# Dremel Help Carving



## Reaper417

Hey Guys I'm really not sure it would be carving. I'm cutting out the stars in a wooden flag. Just going to cut into the flag a little bit. I'm looking for the best bit to use the to cut into the stars a little bit. Any suggestions would be great The bit itself would have to make a fairly straight cut. Any help would be great thanks. Dave


----------



## John Smith_inFL

when you say "Dremel" is that the only tool that you have ?
how big are the stars ?
Dremel has an assortment of flat bottom bits - I would not use
round bottom bits as you will never get a flat recess with it.
do you have something to hold the tool vertical and you can control
the depth of cut ? use a wood cutting bit - not metal cutting.









.


----------



## Reaper417

John my stars are only about a inch from tip to tip. I saw someone using a bit like they were writing.


----------



## Phil32

It might go better if you define the star outline with a stop cut, a vertical incision to the desired depth, made with a sharp knife or chisel.
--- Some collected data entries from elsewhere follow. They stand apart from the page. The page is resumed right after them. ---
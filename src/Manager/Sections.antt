-- ===== src/Manager/Sections.antt =====
-- The methods of servers/clientmanager.go that take several locks, one after the other: what stands
-- between two of them is not protected, and the calls of other goroutines come between.
pub mod Laws
use go_websocket.Prelude.{ℕ, ◌==◌, some, List, [], ◌∷◌, ◌++◌, if◌then◌else◌}
use go_websocket.Prelude.Text.{Str, str_eq}
use go_websocket.Prelude.Dict.{insert, values}
use go_websocket.Client.{Client, Ref}
use go_websocket.Util.{gen_group_key}
use go_websocket.Manager.Removal.{Outcome, returned, panicked}
use go_websocket.Manager.{
  ClientManager, add_client, del_client_id_map, del_group_client, del_system_client, recovered,
  add_client2_system_client, del_client,
}

-- AddClient2SystemClient and DelClient.
pub data Method : Type 0 where
  adds : Str → Client → Ref → Method
  deletes : Client → Method

-- What the calls do under a lock, but for their first section.
pub data Section : Type 0 where
  -- the rest of AddClient2SystemClient, under SystemClientsLock
  enters_system : Str → Client → Section
  -- delGroupClient, under GroupLock
  leaves_group : Str → Str → Section
  -- delSystemClient, under SystemClientsLock
  leaves_system : Client → Section

unfoldable pub section : Section → ClientManager → Outcome ClientManager
section (enters_system system_id c) m = returned (record m {
  system_clients =
      insert system_id (values system_id m.system_clients ++ c.client_id ∷ []) m.system_clients;
})
section (leaves_group group_key client_id) m = del_group_client group_key client_id m
section (leaves_system c) m = del_system_client c m

-- The first section, under ClientIdMapLock: AddClient, or delClientIdMap.
unfoldable pub first_section : Method → ClientManager → ClientManager
first_section (adds system_id c r) m = add_client c r m
first_section (deletes c) m =
    if str_eq c.client_id [] then m else del_client_id_map c.client_id c.addr m

-- The sections of the loop over the groups, and then that of the system.
unfoldable pub group_sections : Client → List Str → List Section
group_sections c [] = leaves_system c ∷ []
group_sections c (group_name ∷ names) =
    leaves_group (gen_group_key c.system_id group_name) c.client_id ∷ group_sections c names

unfoldable pub others : Method → List Section
others (adds system_id c r) = enters_system system_id c ∷ []
others (deletes c) = if str_eq c.client_id [] then [] else group_sections c c.group_list

-- A call on its own.
unfoldable pub whole : Method → ClientManager → ClientManager
whole (adds system_id c r) m = add_client2_system_client system_id c r m
whole (deletes c) m = del_client (some c) m

-- Where a goroutine is in its call: before it, or with these sections to go.
pub data Place : Type 0 where
  waits : Place
  within : List Section → Place

-- The manager, the place of each goroutine in its call, and the goroutines that have begun, the last one first_section.
pub record Running : Type 0 where
  pub manager : ClientManager
  pub place : ℕ → Place
  pub begun : List ℕ

abbrev pub moved : ℕ → Place → (ℕ → Place) → ℕ → Place
moved i p place j = if i == j then p else place j

-- A panic in a section ends the call: it is recovered.
abbrev pub after_section : List Section → Outcome ClientManager → List Section
after_section rest (returned m) = rest
after_section rest (panicked m) = []

module _ (method : ℕ → Method) where
  -- The next section of a goroutine that is at a place.
  abbrev pub advance_from : Place → ℕ → Running → Running
  advance_from waits i s = record {
    manager = first_section (method i) s.manager;
    place = moved i (within (others (method i))) s.place;
    begun = i ∷ s.begun;
  }
  advance_from (within []) i s = s
  advance_from (within (x ∷ rest)) i s =
      let o = section x s.manager in
      record s { manager = recovered o; place = moved i (within (after_section rest o)) s.place }

  unfoldable pub advance : ℕ → Running → Running
  advance i s = advance_from (s.place i) i s

  -- The goroutines take steps in some order.
  unfoldable pub interleave : List ℕ → Running → Running
  interleave [] s = s
  interleave (i ∷ schedule) s = interleave schedule (advance i s)

  -- Their calls as wholes, in the order in which they began.
  unfoldable pub in_order : List ℕ → ClientManager → ClientManager
  in_order [] m = m
  in_order (i ∷ begun) m = whole (method i) (in_order begun m)

-- A manager before any of the calls.
abbrev pub before : ClientManager → Running
before m = record { manager = m; place = λ i. waits; begun = [] }
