-- ===== src/Manager/Shared.antt =====
-- The inner maps of ClientIdMap (servers/clientmanager.go) as what they are in Go: pointers into a store,
-- which AllClient and GetByClientId give away. AddClient is its change of ClientIdMap here.
pub mod Laws
pub mod Refines
use go_websocket.Prelude.{ℕ, ◌+◌, ◌==◌, Option, none, some, List, [], ◌∷◌, if◌then◌else◌}
use go_websocket.Prelude.Text.{Str}
use go_websocket.Prelude.Dict.{Dict, lookup, insert, erase}
use go_websocket.Prelude.Result.{Result, ok, err, client_missing}
use go_websocket.Client.{Client, Ref}
use go_websocket.Manager.{is_app, copy_entries}

abbrev pub MapRef : Type 0
MapRef = ℕ

-- ClientIdMap, the maps in the store, and the pointer that the next `make` gives.
pub record Maps : Type 0 where
  pub client_id_map : Dict MapRef
  pub cells : MapRef → Dict Ref
  pub next_map : MapRef

abbrev pub put_cell : MapRef → Dict Ref → (MapRef → Dict Ref) → MapRef → Dict Ref
put_cell p d cells q = if p == q then d else cells q

abbrev pub write_map : MapRef → Dict Ref → Maps → Maps
write_map p d s = record s { cells = put_cell p d s.cells }

-- make(map[string]*Client), with what is written into it at once.
abbrev pub make_map : Dict Ref → Maps → Maps
make_map d s = record s { cells = put_cell s.next_map d s.cells; next_map = s.next_map + 1 }

-- The entries of ClientIdMap, with their maps.
abbrev pub contents : (MapRef → Dict Ref) → Dict MapRef → Dict (Dict Ref)
contents cells [] = []
contents cells ((id, p) ∷ d) = (id, cells p) ∷ contents cells d

-- AddClient: an APP_ id gets a new map, another id the one that it has, or else a new one.
unfoldable pub add_client_shared : Client → Ref → Maps → Maps
add_client_shared c r s =
    if is_app c.client_id
    then record (make_map ((c.addr, r) ∷ []) s) {
      client_id_map = insert c.client_id s.next_map (erase c.client_id s.client_id_map);
    }
    else (elim (lookup c.client_id s.client_id_map) [
      | some p ↦ write_map p (insert c.addr r (s.cells p)) s
      | none ↦ record (make_map ((c.addr, r) ∷ []) s) {
        client_id_map = insert c.client_id s.next_map s.client_id_map;
      }
    ])

-- The loop of AllClient. For an id that the result does not have it makes a map, enters the old one
-- into the result, and copies into the new one.
unfoldable pub all_entries_shared : Dict MapRef → Dict MapRef → Maps → Dict MapRef × Maps
all_entries_shared [] result s = (result, s)
all_entries_shared ((key, value) ∷ rest) result s = elim (lookup key result) [
  | none ↦
      all_entries_shared rest (insert key value result)
        (make_map (copy_entries (s.cells value) []) s)
  | some p ↦
      all_entries_shared rest result (write_map p (copy_entries (s.cells value) (s.cells p)) s)
]

unfoldable pub all_client_shared : Maps → Dict MapRef × Maps
all_client_shared s = all_entries_shared s.client_id_map [] s

unfoldable pub get_by_client_id_shared : Str → Maps → Result (MapRef × Maps)
get_by_client_id_shared id s = elim (lookup id s.client_id_map) [
  | none ↦ err client_missing
  | some p ↦ ok (s.next_map, make_map (copy_entries (s.cells p) []) s)
]
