-- ===== src/Manager/Shared/Laws.antt =====
-- The pointers that AllClient and GetByClientId of servers/clientmanager.go give away.
use go_websocket.Prelude.{
  ◌<◌, ◌≡◌, refl, sym, ap, ◌∙◌, ◌==◌, ==_iff, true, false, none, some, [], ◌∷◌, ◌++◌, arith,
  append_assoc, append-nil,
}
use go_websocket.Prelude.Text.{Str}
use go_websocket.Prelude.Dict.{Dict, lookup, insert, NodupKeys, insert_fresh}
use go_websocket.Prelude.Result.{ok}
use go_websocket.Client.{Client, Ref}
use go_websocket.Manager.{is_app, copy_entries}
use go_websocket.Manager.Lookups.{lookup-append_fresh, copy_entries_all}
use go_websocket.Manager.Shared.{
  MapRef, Maps, make_map, add_client_shared, all_entries_shared, all_client_shared,
  get_by_client_id_shared,
}

-- Every id has a map of its own, which was made.
pub record IsApart (s : Maps) : Type 0 where
  pub made : (id : Str) (p : MapRef) → lookup id s.client_id_map ≡ some p → p < s.next_map
  pub apart :
      (id j : Str) (p : MapRef)
      → lookup id s.client_id_map ≡ some p
      → lookup j s.client_id_map ≡ some p
      → id ≡ j

pub self : (p : MapRef) → (p == p) ≡ true
self p = (==_iff p p).1 refl

new_entry :
    (k : Str) (v : MapRef) (from to : Dict MapRef) (s : Maps)
    → lookup k to ≡ none
    → all_entries_shared ((k, v) ∷ from) to s
      ≡ all_entries_shared from (to ++ (k, v) ∷ []) (make_map (copy_entries (s.cells v) []) s)
unfolding all_entries_shared
new_entry k v from to s h =
    rw (h, all_entries_shared)
      (ap (λ l. all_entries_shared from l (make_map (copy_entries (s.cells v) []) s))
        (insert_fresh k v to h))

-- The loop of AllClient enters the pointers themselves, and touches new maps only.
all_onto :
    (from to : Dict MapRef) (s : Maps)
    → NodupKeys (to ++ from)
    → ((all_entries_shared from to s).0 ≡ to ++ from)
      × ((q : MapRef) → q < s.next_map → (all_entries_shared from to s).1.cells q ≡ s.cells q)
      × ((all_entries_shared from to s).1.client_id_map ≡ s.client_id_map)
unfolding all_entries_shared
all_onto [] to s n = (sym (append-nil to), λ q h. refl, refl)
all_onto ((k, v) ∷ from) to s n =
    let fresh = lookup-append_fresh k to k v from n in
    let a : (to ++ (k, v) ∷ []) ++ from ≡ to ++ (k, v) ∷ from =
      append_assoc to ((k, v) ∷ []) from in
    let t = make_map (copy_entries (s.cells v) []) s in
    let (x, y, z) = all_onto from (to ++ (k, v) ∷ []) t (rw a n) in
    rw (new_entry k v from to s fresh) (
      x ∙ a,
      λ q h. y q (omega arith) ∙ (let other : (s.next_map == q) ≡ false = ground arith in rw other),
      z,
    )

-- AllClient does not copy: its result holds the manager's own maps, so that a client that AddClient
-- enters later, under an id that is connected and no APP_ id, stands in the result too. What
-- GetByClientId returned is a copy, and stays as it was. The ids have maps of their own, and no map
-- has a key twice.
pub all_client_shares :
    (c : Client) (r : Ref) (s : Maps)
    → IsApart s
    → NodupKeys s.client_id_map
    → is_app c.client_id ≡ false
    → (p : MapRef) → lookup c.client_id s.client_id_map ≡ some p
    → NodupKeys (s.cells p)
    → ((all_client_shared s).0 ≡ s.client_id_map)
      × ((add_client_shared c r (all_client_shared s).1).cells p ≡ insert c.addr r (s.cells p))
      × ((q : MapRef) × (t : Maps) × (get_by_client_id_shared c.client_id s ≡ ok (q, t))
          × (t.cells q ≡ s.cells p)
          × ((add_client_shared c r t).cells q ≡ s.cells p))
unfolding all_client_shared get_by_client_id_shared add_client_shared
all_client_shares c r s v n web p e m =
    let below = v.made c.client_id p e in
    let (x, y, z) = all_onto s.client_id_map [] s n in
    let other : (p == s.next_map) ≡ false = ground arith in
    let copied = copy_entries_all (s.cells p) m in
    (
      x,
      rw (web, z, e, self) (ap (insert c.addr r) (y p below)),
      (
        s.next_map,
        make_map (copy_entries (s.cells p) []) s,
        rw (e, get_by_client_id_shared) refl,
        rw self copied,
        rw (web, e, other, self) copied,
      ),
    )
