-- ===== src/Manager/Shared/Refines.antt =====
-- AddClient of servers/clientmanager.go by its writes through the pointers to the inner maps, against
-- AddClient on the values of the maps.
use go_websocket.Prelude.{
  ◌⊎◌, ◌<◌, ◌≡◌, ◌≢◌, refl, sym, ap, ◌∙◌, ◌==◌, ==_iff, true, false, inl, inr, Option, none, some,
  [], ◌∷◌, arith, Bool-cases, Option-cases,
}
use go_websocket.Prelude.Text.{Str, str_eq, str_eq_iff}
use go_websocket.Prelude.Dict.{Dict, lookup, insert, erase, lookup-insert, lookup-erase}
use go_websocket.Client.{Client, Ref}
use go_websocket.Manager.{ClientManager, is_app, add_client}
use go_websocket.Manager.Maps.{entry, lookup-add_client}
use go_websocket.Manager.Shared.{MapRef, Maps, write_map, make_map, add_client_shared}
use go_websocket.Manager.Shared.Laws.{IsApart, self}

-- The map of an id.
abbrev pub seen : Maps → Option MapRef → Option (Dict Ref)
seen s none = none
seen s (some p) = some (s.cells p)

abbrev pub view : Maps → Str → Option (Dict Ref)
view s id = seen s (lookup id s.client_id_map)

-- A map that is made is not one that was there, and a write is seen at its map only.
seen-make_map :
    (d : Dict Ref) (s : Maps) (o : Option MapRef)
    → ((p : MapRef) → o ≡ some p → p < s.next_map)
    → seen (make_map d s) o ≡ seen s o
seen-make_map d s none h = refl
seen-make_map d s (some p) h =
    let below = h p refl in let other : (s.next_map == p) ≡ false = ground arith in rw other

seen-write_map :
    (q : MapRef) (d : Dict Ref) (s : Maps) (o : Option MapRef)
    → o ≢ some q
    → seen (write_map q d s) o ≡ seen s o
seen-write_map q d s none h = refl
seen-write_map q d s (some p) h = elim (Bool-cases (q == p)) [
  | inl e ↦ absurd (h (ap some (sym ((==_iff q p).0 e))))
  | inr e ↦ rw e
]

-- The entry that AddClient makes on the shared maps.
entered :
    (c : Client) (r : Ref) (s : Maps) (m : ClientManager) (id : Str)
    → str_eq c.client_id id ≡ true
    → view s c.client_id ≡ lookup c.client_id m.client_id_map
    → view (add_client_shared c r s) id ≡ some (entry c r m)
unfolding add_client_shared
entered c r s m id e h = elim (Bool-cases (is_app c.client_id)) [
  | inl app ↦ rw (app, lookup-insert, e, self)
  | inr web ↦ elim (Option-cases (lookup c.client_id s.client_id_map)) [
    | inl none_yet ↦
        let f = sym h ∙ ap (seen s) none_yet in rw (web, none_yet, lookup-insert, e, self, f)
    | inr (p, there) ↦
        let same : c.client_id ≡ id = (str_eq_iff c.client_id id).0 e in
        let f = sym h ∙ ap (seen s) there in
        let g = ap (λ j. lookup j s.client_id_map) (sym same) ∙ there in rw (web, there, g, self, f)
  ]
]

-- The other entries stay.
not_entered :
    (c : Client) (r : Ref) (s : Maps) (id : Str)
    → str_eq c.client_id id ≡ false
    → IsApart s
    → view (add_client_shared c r s) id ≡ view s id
unfolding add_client_shared
not_entered c r s id e v = elim (Bool-cases (is_app c.client_id)) [
  | inl app ↦
      rw (app, lookup-insert, e, lookup-erase, e)
        (seen-make_map _ s (lookup id s.client_id_map) (v.made id))
  | inr web ↦ elim (Option-cases (lookup c.client_id s.client_id_map)) [
    | inl none_yet ↦
        rw (web, none_yet, lookup-insert, e)
          (seen-make_map _ s (lookup id s.client_id_map) (v.made id))
    | inr (p, there) ↦
        rw (web, there)
          (seen-write_map p _ s (lookup id s.client_id_map)
            (λ k. ground (arith, str_eq_iff c.client_id id, v.apart c.client_id id p there k)))
  ]
]

-- The value that AddClient makes of the map of maps is what its writes through the pointers make.
pub add_client-refines :
    (c : Client) (r : Ref) (s : Maps) (m : ClientManager)
    → IsApart s
    → ((id : Str) → view s id ≡ lookup id m.client_id_map)
    → (id : Str) → view (add_client_shared c r s) id ≡ lookup id (add_client c r m).client_id_map
add_client-refines c r s m v h id = elim (Bool-cases (str_eq c.client_id id)) [
  | inl e ↦ entered c r s m id e (h c.client_id) ∙ sym (lookup-add_client c r m id ∙ rw e)
  | inr e ↦ not_entered c r s id e v ∙ (h id ∙ sym (lookup-add_client c r m id ∙ rw e))
]

module _ (s : Maps) (v : IsApart s) (k : Str) (e : Dict Ref) (d : Dict MapRef)
    (old : (j : Str) (p : MapRef) → lookup j d ≡ some p → lookup j s.client_id_map ≡ some p) where
  -- What stands under an id once a new map was entered: the new map, or an old one.
  placed :
      (j : Str) (p : MapRef)
      → lookup j (insert k s.next_map d) ≡ some p
      → ((k ≡ j) × (p ≡ s.next_map)) ⊎ ((lookup j s.client_id_map ≡ some p) × (p < s.next_map))
  placed j p h = elim (Bool-cases (str_eq k j)) [
    | inl b ↦ inl ((str_eq_iff k j).0 b, ground (arith, lookup-insert k j s.next_map d, h, b))
    | inr b ↦
        let there = old j p (ground (arith, lookup-insert k j s.next_map d, h, b)) in
        inr (there, v.made j p there)
  ]

  added : IsApart (record (make_map e s) { client_id_map = insert k s.next_map d })
  added = record {
    made = λ j p h. elim (placed j p h) [
      | inl (_, new) ↦ omega (arith, new)
      | inr (_, below) ↦ omega (arith, below)
    ];
    apart = λ i j p g h. elim (placed i p g) [
      | inl (a, new) ↦ elim (placed j p h) [
        | inl (b, _) ↦ sym a ∙ b
        | inr (_, below) ↦ absurd (omega (arith, new, below))
      ]
      | inr (there, below) ↦ elim (placed j p h) [
        | inl (_, new) ↦ absurd (omega (arith, new, below))
        | inr (here, _) ↦ v.apart i j p there here
      ]
    ];
  }

-- AddClient keeps the maps apart.
pub add_client-IsApart :
    (c : Client) (r : Ref) (s : Maps) → IsApart s → IsApart (add_client_shared c r s)
unfolding add_client_shared
add_client-IsApart c r s v = elim (Bool-cases (is_app c.client_id)) [
  | inl app ↦ rw app (
      added s v c.client_id ((c.addr, r) ∷ []) (erase c.client_id s.client_id_map)
        (λ j p h. ground (arith, lookup-erase c.client_id j s.client_id_map, h)))
  | inr web ↦ elim (Option-cases (lookup c.client_id s.client_id_map)) [
    | inl e ↦ rw (web, e) (added s v c.client_id ((c.addr, r) ∷ []) s.client_id_map (λ j p h. h))
    | inr (p, e) ↦ rw (web, e) (record { made = v.made; apart = v.apart })
  ]
]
Then use your Dremel to remove wood along the inner edge of the stop cut and the area of the star. Proceed carefully, if you're carving free-hand, to make the depth even.


----------



## John Smith_inFL

like Phil said - this would be a good candidate to learn Chip Carving.
after a few stars, the rest will be a piece of cake. and really set
your project apart from the generic routed wood flags.
and you only need one knife to make good looking stars.
what kind of wood are you using ???










.


----------



## Phil32

Yes, but it would not be a good Dremel project.


----------



## Reaper417

I don't know about cutting out 50 stars. That might take sometime.
Thanks for the help…..


----------



## Phil32

Reaper417 - The task of carving 50 stars would be similar to the carving of this plate:










It may look complicated, but it is a series of repeated cuts. "A journey of a 1000 miles begins with a single step, repeated again and again."


----------



## Reaper417

Wow that is sharp. That a job for me when I retire and like my wife says, develop patience…


----------